Learning AI Vision

What is Multi-Modal AI?

Most people know AI through chatbots like ChatGPT—you type text, it responds with text. But modern AI has evolved far beyond simple text conversations. Today's Large Language Models (LLMs) are multi-modal, meaning they can reason about multiple types of input/output.

Text is just the beginning. Based on the way they were trained, models can also work with:

Structured text — Markdown, JSON, CSV, and other formatted text. AI can parse, generate, and transform between these formats effortlessly (more on Markdown in a future post!)
Code — Coding assistants like GitHub Copilot and Claude Code can read, write, and debug code across dozens of programming languages based on natural language commands
Vision — Upload an image and the AI can describe it, read text within it, or answer questions about what it "sees"
Audio — Some models can transcribe speech, understand spoken commands, or even reason about sounds and music

All of these modalities are processed by training a model in different ways. What makes multi-modal AI powerful is the ability to combine context across formats.

Usually these capabilities are cloud-hosted and accessible via API, which means developers can build applications that leverage a combination of these modalities.

Vision APIs: Impressive, But Limited

Upload an image to a vision-enabled LLM and it can describe what it sees with surprising accuracy. It can read text in photos, identify objects, describe scenes, and even interpret charts and diagrams.

But how fine can it see? What does it actually know?

I ran into limitations quickly while using vision APIs in building my AI Typing Tutor.
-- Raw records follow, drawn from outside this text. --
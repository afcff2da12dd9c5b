-- ===== src/Lib.antt =====
-- COW is an HTTP and SOCKS5 proxy that learns which sites are blocked and sends their requests
-- through parent proxies. This library models its core and proves what makes it correct.
--
-- Parts of the program, and the files that model them:
--   * auth.go, who may use the proxy: Auth (users, allowed clients, the address and basic checks),
--     Auth/Digest (digest authentication, `Authenticate`; `parseKeyValueList` of http.go). The
--     state is `AuthState` for the variable `auth`.
--   * timeoutset.go, the addresses that authenticated lately: Timeout.
--   * sitestat.go, what is known of the sites: Site/Visit (`VisitCnt`) and Site/Stat (`SiteStat`).
--     A pointer to a count is the host under which the table holds it.
--   * proxy.go, how a request gets its server connection: Proxy/Connect (`connectDirect`,
--     `connectServer`), which asks a site's count, dials, and marks a site as blocked.
--   * proxy.go, errors of a server connection and retries: Proxy/Retry (`handleServerReadError`,
--     `handleServerWriteError`, `shouldRetry`, the retries of `serve`, what happens elsewhere
--     between two tries being an argument).
--   * proxy.go and util.go, the transfer of bodies: Body (`sendBody` and what it calls, `copyN`).
--     Body/Reader has the buffered reader as a record of operations with laws, and the writer.
--   * http.go: Url (`URL`), Http/Uri (`ParseRequestURIBytes`), Http/Header (the header fields),
--     Http/Lines (continued lines, `parseHeader`), Http/Request (`parseRequest`), Http/Response
--     (`parseResponse`). Its header is what Body reads to choose the encoding.
--   * parent_proxy.go, the parents: Parent/InOrder (`connectInOrder`), Parent/HttpPool
--     (`httpParentPool`: a node is its place in the list) and Parent/SocksParent (`socksParent`,
--     the client's side of the messages that Socks reads).
--   * config.go, the option of a SOCKS5 parent: Config (`parseSocksParent`).
--   * conn_pool.go, idle server connections: ConnPool. A channel is the list in its buffer, and
--     each function is a step that no other goroutine interrupts; timers are the order of steps.
--   * socks.go, the SOCKS5 server: Socks/Session (a connection's reads and writes), Socks/Method
--     (`negotiateSocks5`), Socks/Request (`parseSocks5Request`), Socks/Address
--     (`buildSocks5AddrPort`) and Socks/Datagram (the packets of the UDP relay).
--   * util.go, helpers on bytes and names: Util/Case, Util/Space, Util/Fields,
--     Util/ParseInt, Util/Mask, Util/Host. Util/OneLine says what a line is and which of these
--     keep it one.
-- Base holds lists, texts, maps and machine integers. Std has the functions of Go's `strconv`,
-- `strings` and `net` that the code calls.
--
-- Names follow the source in snake case (`GetVisitCnt` is `get_visit_cnt`). A byte is a number
-- below 256, a text a list of bytes. A machine integer is its bit pattern: int8 below 2 ^ 8, int64
-- below 2 ^ 64, with the comparisons and subtractions of Base/Words. Times are nanoseconds. The
-- clock, random draws, the state of the network, MD5, base64, the texts of IP addresses, and what
-- dialling and reading files give are arguments. A panic is a result of its own.
--
-- Bounds: loops over a text, a list or a buffer recur on it. The counted loops recur on their
-- number of rounds: `NewNbitIPv4Mask` on the four bytes, the in-place case conversions on the
-- length, `closeServerConn` on the length of the buffer as the source reads it, `connectInOrder`
-- on the number of parents. `Itoa` prints with 20 rounds, which every int64 fits. The loops that
-- read from a buffered reader run on fuel; a round takes a byte at least (for chunks: a chunk), so
-- one more than are still to come is enough.
--
-- Not modelled: the rest of the loop of a client connection and the tunnels in proxy.go, the
-- deadlines and the debug output of http.go, the latency and hash pools of parents and the other
-- kinds of parents, the UDP relay's sockets, the other options of the configuration, logging,
-- error pages, the PAC text, traffic capture and plugins: sockets, files and texts for people.
pub mod Base
pub mod Std
pub mod Util
pub mod Timeout
pub mod Url
pub mod Site
pub mod ConnPool
pub mod Auth
pub mod Socks
pub mod Proxy
pub mod Body
pub mod Http
pub mod Parent
pub mod Config
mod Tests
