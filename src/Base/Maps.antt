-- ===== src/Base/Maps.antt =====
-- Go's maps with string keys, as association lists in which a key stands at most once when the
-- map is built by `insert`.
use mathlib.Core.Path.{◌≡◌, refl}
use mathlib.Core.Bool.{true, false}
use mathlib.Core.List.{List, [], ◌∷◌}
use mathlib.Core.Option.{Option, none, some}
use native.Mathlib.Omega.{arith}
use mathlib.Core.Logic.{inl, inr}
use cow.Base.Tests.{if◌then◌else◌, Bool-cases}
use cow.Base.Text.{Bytes, bytes_eq, bytes_eq_refl, eq_of_bytes_eq}

pub bytes_eq_sym : (a b : Bytes) → bytes_eq a b ≡ bytes_eq b a
bytes_eq_sym a b = elim (Bool-cases (bytes_eq a b)) [
  | inl e ↦ rw (eq_of_bytes_eq a b e)
  | inr n ↦ elim (Bool-cases (bytes_eq b a)) [
    | inl e ↦ rw (eq_of_bytes_eq b a e)
    | inr m ↦ rw (n, m)
  ]
]

abbrev pub Map {ℓ} : Type ℓ → Type ℓ
Map V = List (Bytes × V)

module _ {ℓ} {V : Type ℓ} where
  -- `v, ok := m[k]`
  unfoldable pub lookup : Bytes → Map V → Option V
  lookup k [] = none
  lookup k ((j, v) ∷ m) = if bytes_eq j k then some v else lookup k m

  -- `m[k] = v`
  unfoldable pub insert : Bytes → V → Map V → Map V
  insert k v [] = (k, v) ∷ []
  insert k v ((j, w) ∷ m) = if bytes_eq j k then (k, v) ∷ m else (j, w) ∷ insert k v m

  -- `delete(m, k)`
  unfoldable pub delete : Bytes → Map V → Map V
  delete k [] = []
  delete k ((j, w) ∷ m) = if bytes_eq j k then delete k m else (j, w) ∷ delete k m

  pub lookup-insert :
      (k j : Bytes) (v : V) (m : Map V)
      → lookup j (insert k v m) ≡ (if bytes_eq k j then some v else lookup j m)
  unfolding lookup insert
  lookup-insert k j v [] = refl
  lookup-insert k j v ((i, w) ∷ m) = elim (Bool-cases (bytes_eq i k)) [
    | inl e ↦ rw e (
        rw (eq_of_bytes_eq i k e)
          (elim (Bool-cases (bytes_eq k j)) [ inl f ↦ rw f | inr f ↦ rw f ]))
    | inr n ↦ rw n (elim (Bool-cases (bytes_eq i j)) [
      | inl e ↦ ground (arith, eq_of_bytes_eq i j e, bytes_eq_sym k j)
      | inr f ↦ rw f (lookup-insert k j v m)
    ])
  ]

  pub lookup-insert_self : (k : Bytes) (v : V) (m : Map V) → lookup k (insert k v m) ≡ some v
  lookup-insert_self k v m = rw (lookup-insert k k v m, bytes_eq_refl k)

  pub lookup-delete :
      (k j : Bytes) (m : Map V)
      → lookup j (delete k m) ≡ (if bytes_eq k j then none else lookup j m)
  unfolding lookup delete
  lookup-delete k j [] = ground arith
  lookup-delete k j ((i, w) ∷ m) = elim (Bool-cases (bytes_eq i k)) [
    | inl e ↦ rw e (ground (arith, eq_of_bytes_eq i k e, lookup-delete k j m))
    | inr n ↦ rw n (elim (Bool-cases (bytes_eq i j)) [
      | inl e ↦ ground (arith, eq_of_bytes_eq i j e, bytes_eq_sym k j)
      | inr f ↦ rw f (lookup-delete k j m)
    ])
  ]

module _ {ℓ} {V : Type ℓ} where
  -- No key stands twice, as in every map that Go builds.
  abbrev pub Distinct : Map V → Type ℓ
  Distinct [] = Unit
  Distinct ((k, v) ∷ m) = (lookup k m ≡ none) × Distinct m

  pub insert-Distinct : (k : Bytes) (v : V) (m : Map V) → Distinct m → Distinct (insert k v m)
  unfolding insert lookup
  insert-Distinct k v [] d = (refl, tt)
  insert-Distinct k v ((j, w) ∷ m) d = elim (Bool-cases (bytes_eq j k)) [
    | inl e ↦ rw e (rw (← eq_of_bytes_eq j k e) d)
    | inr n ↦ rw n (rw (lookup-insert k j v m, bytes_eq_sym k j, n) d.0, insert-Distinct k v m d.1)
  ]

  pub lookup_head :
      (k j : Bytes) (v : V) (m : Map V) → bytes_eq j k ≡ true → lookup k ((j, v) ∷ m) ≡ some v
  unfolding lookup
  lookup_head k j v m e = rw e

  pub lookup_tail :
      (k j : Bytes) (v : V) (m : Map V) → bytes_eq j k ≡ false → lookup k ((j, v) ∷ m) ≡ lookup k m
  unfolding lookup
  lookup_tail k j v m e = rw e
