-- ===== src/Base/Words.antt =====
-- Machine integers as their bit patterns. A signed w-bit integer is the number of its pattern,
-- below 2 ^ w; `h` below is 2 ^ (w - 1).
use Prim.Native.Nat.{ℕ, ◌+◌, ◌-◌, ◌%◌, ◌^◌}
use mathlib.Core.Bool.{Bool}
use cow.Base.Tests.{ltb, leb}

-- `a < b` on signed integers.
abbrev pub signed_lt : ℕ → ℕ → ℕ → Bool
signed_lt h a b = ltb ((a + h) % (h + h)) ((b + h) % (h + h))

-- `a >= b` on signed integers.
abbrev pub signed_ge : ℕ → ℕ → ℕ → Bool
signed_ge h a b = leb ((b + h) % (h + h)) ((a + h) % (h + h))

-- `a - b`, wrapping.
abbrev pub signed_sub : ℕ → ℕ → ℕ → ℕ
signed_sub h a b = (a + (h + h) - b) % (h + h)

-- `-a`, wrapping.
abbrev pub signed_neg : ℕ → ℕ → ℕ
signed_neg h a = (h + h - a) % (h + h)

abbrev pub int8_half : ℕ
int8_half = 2 ^ 7

abbrev pub int64_half : ℕ
int64_half = 2 ^ 63

abbrev pub int64_mod : ℕ
int64_mod = 2 ^ 64
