-- ===== src/Std/Strings.antt =====
-- Go's `strings`, on ASCII text.
use cow.Base.{
  ℕ, ◌+◌, Bool, ◌&&◌, ◌||◌, none, some, List, [], ◌∷◌, leb, ◌==◌, if◌then◌else◌, take, drop, Bytes,
  index_byte,
}

-- The ASCII bytes among `unicode.IsSpace`.
unfoldable pub is_white : ℕ → Bool
is_white c = (leb 9 c && leb c 13) || c == 32

unfoldable pub trim_left : (ℕ → Bool) → Bytes → Bytes
trim_left p [] = []
trim_left p (c ∷ s) = if p c then trim_left p s else c ∷ s

unfoldable pub trim_right : (ℕ → Bool) → Bytes → Bytes
trim_right p [] = []
trim_right p (c ∷ s) = elim (trim_right p s) [ [] ↦ if p c then [] else c ∷ [] | d ∷ t ↦ c ∷ d ∷ t ]

-- `strings.TrimSpace`.
unfoldable pub trim_white : Bytes → Bytes
unfolding trim_left trim_right is_white
trim_white s = trim_right is_white (trim_left is_white s)

-- `strings.Trim(s, cutset)` at a cutset of one byte.
unfoldable pub trim_byte : ℕ → Bytes → Bytes
unfolding trim_left trim_right
trim_byte b s = trim_right (λ c. c == b) (trim_left (λ c. c == b) s)

-- `strings.SplitN(s, sep, 2)` at a one-byte separator.
unfoldable pub split_2 : ℕ → Bytes → List Bytes
split_2 b s = elim (index_byte b s) [ none ↦ s ∷ [] | some i ↦ take i s ∷ drop (i + 1) s ∷ [] ]

-- `strings.TrimPrefix` and `strings.TrimSuffix` at one byte.
unfoldable pub trim_prefix_byte : ℕ → Bytes → Bytes
trim_prefix_byte b [] = []
trim_prefix_byte b (c ∷ s) = if c == b then s else c ∷ s

unfoldable pub trim_suffix_byte : ℕ → Bytes → Bytes
trim_suffix_byte b [] = []
trim_suffix_byte b (c ∷ []) = if c == b then [] else c ∷ []
trim_suffix_byte b (c ∷ d ∷ s) = c ∷ trim_suffix_byte b (d ∷ s)
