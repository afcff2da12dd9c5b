-- ===== src/Std/Net.antt =====
-- Go's `net`: addresses as bytes and as `host:port` texts. `net.ParseIP` and `IP.String` are
-- parameters of what uses them.
use Prim.Native.Nat.{bit_and}
use cow.Base.{
  ℕ, ◌+◌, ◌-◌, Bool, true, false, ◌&&◌, Option, none, some, [], ◌∷◌, ◌++◌, ◌==◌, if◌then◌else◌,
  length, get_or, take, drop, replicate, Bytes, bytes_eq, index_byte, last_index,
}

-- The two texts forms of an IP address. `parse_ip` gives 16 bytes.
pub record IpText : Type 0 where
  pub parse_ip : Bytes → Option Bytes
  pub ip_string : Bytes → Bytes

-- The first 12 bytes of an IPv4 address in its 16-byte form.
abbrev pub v4_in_v6_prefix : Bytes
v4_in_v6_prefix = replicate 10 0 ++ 255 ∷ 255 ∷ []

-- `IP.To4`: `none` for nil.
unfoldable pub to4 : Bytes → Option Bytes
to4 ip =
    if length ip == 4
    then some ip
    else if length ip == 16 && bytes_eq (take 12 ip) v4_in_v6_prefix
    then some (drop 12 ip)
    else none

and_bytes : Bytes → Bytes → Bytes
and_bytes [] m = []
and_bytes (a ∷ ip) [] = []
and_bytes (a ∷ ip) (b ∷ m) = bit_and a b ∷ and_bytes ip m

unfoldable pub mask_same : Bytes → Bytes → Bytes
unfolding and_bytes
mask_same ip mask = if length ip == length mask then and_bytes ip mask else []

-- `IP.Mask` at a mask of four bytes; nil is the empty list.
unfoldable pub ip_mask : Bytes → Bytes → Bytes
unfolding mask_same
ip_mask ip mask =
    if length mask == 4 && (length ip == 16 && bytes_eq (take 12 ip) v4_in_v6_prefix)
    then mask_same (drop 12 ip) mask
    else mask_same ip mask

-- `IP.Equal`: the two forms of an IPv4 address are equal, and so are two nils.
unfoldable pub ip_equal : Bytes → Bytes → Bool
ip_equal ip x =
    if length ip == length x
    then bytes_eq ip x
    else if length ip == 4 && length x == 16
    then bytes_eq (take 12 x) v4_in_v6_prefix && bytes_eq ip (drop 12 x)
    else if length ip == 16 && length x == 4
    then bytes_eq (take 12 ip) v4_in_v6_prefix && bytes_eq (drop 12 ip) x
    else false

-- Whether a byte stands in a text.
abbrev pub has_byte : ℕ → Bytes → Bool
has_byte b s = elim (index_byte b s) [ none ↦ false | some i ↦ true ]

-- `net.JoinHostPort`.
unfoldable pub join_host_port : Bytes → Bytes → Bytes
join_host_port host port =
    if has_byte b':' host then b'[' ∷ (host ++ b']' ∷ b':' ∷ port) else host ++ b':' ∷ port

-- The last checks of `net.SplitHostPort`.
no_brackets : Bytes → ℕ → ℕ → Bytes → Bytes → Option (Bytes × Bytes)
no_brackets hostport j k host port =
    if has_byte b'[' (drop j hostport)
    then none
    else if has_byte b']' (drop k hostport)
    then none
    else some (host, port)

split_bracketed : Bytes → ℕ → Option ℕ → Option (Bytes × Bytes)
unfolding no_brackets
split_bracketed hostport i none = none
split_bracketed hostport i (some end) =
    if end + 1 == i
    then no_brackets hostport 1 (end + 1) (take (end - 1) (drop 1 hostport)) (drop (i + 1) hostport)
    else none

split_plain : Bytes → ℕ → Option (Bytes × Bytes)
unfolding no_brackets
split_plain hostport i =
    if has_byte b':' (take i hostport)
    then none
    else no_brackets hostport 0 0 (take i hostport) (drop (i + 1) hostport)

-- `net.SplitHostPort`: `none` for its error.
unfoldable pub split_host_port : Bytes → Option (Bytes × Bytes)
unfolding split_bracketed split_plain
split_host_port hostport = elim (last_index b':' hostport) [
  | none ↦ none
  | some i ↦
      if get_or hostport 0 0 == b'['
      then split_bracketed hostport i (index_byte b']' hostport)
      else split_plain hostport i
]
The idea was simple: could AI vision look at an image of hands on a keyboard and guess which keys the fingers were touching?

Even with crystal-clear images—good lighting, high resolution, perfect angle—the results were way off. The vision API could tell me "there are hands on a keyboard," but when I asked which specific keys the fingertips were touching? Not even close.

This was my first real lesson in the boundaries of general-purpose AI vision. These models are trained on massive datasets to understand the concept of things, but they lack the precision needed for fine-grained spatial tasks. Basic cloud vision would never work for something so detailed.

Enter Local Inference

This is where things get interesting. Instead of relying on cloud APIs, you can run AI models locally on your own hardware.

So what is inference?

Training a model teaches it to recognize patterns from data. Inference is using that trained model to make predictions based on a prompt. When you send a photo to an AI and it tells you what's in it—that's LLM vision inference.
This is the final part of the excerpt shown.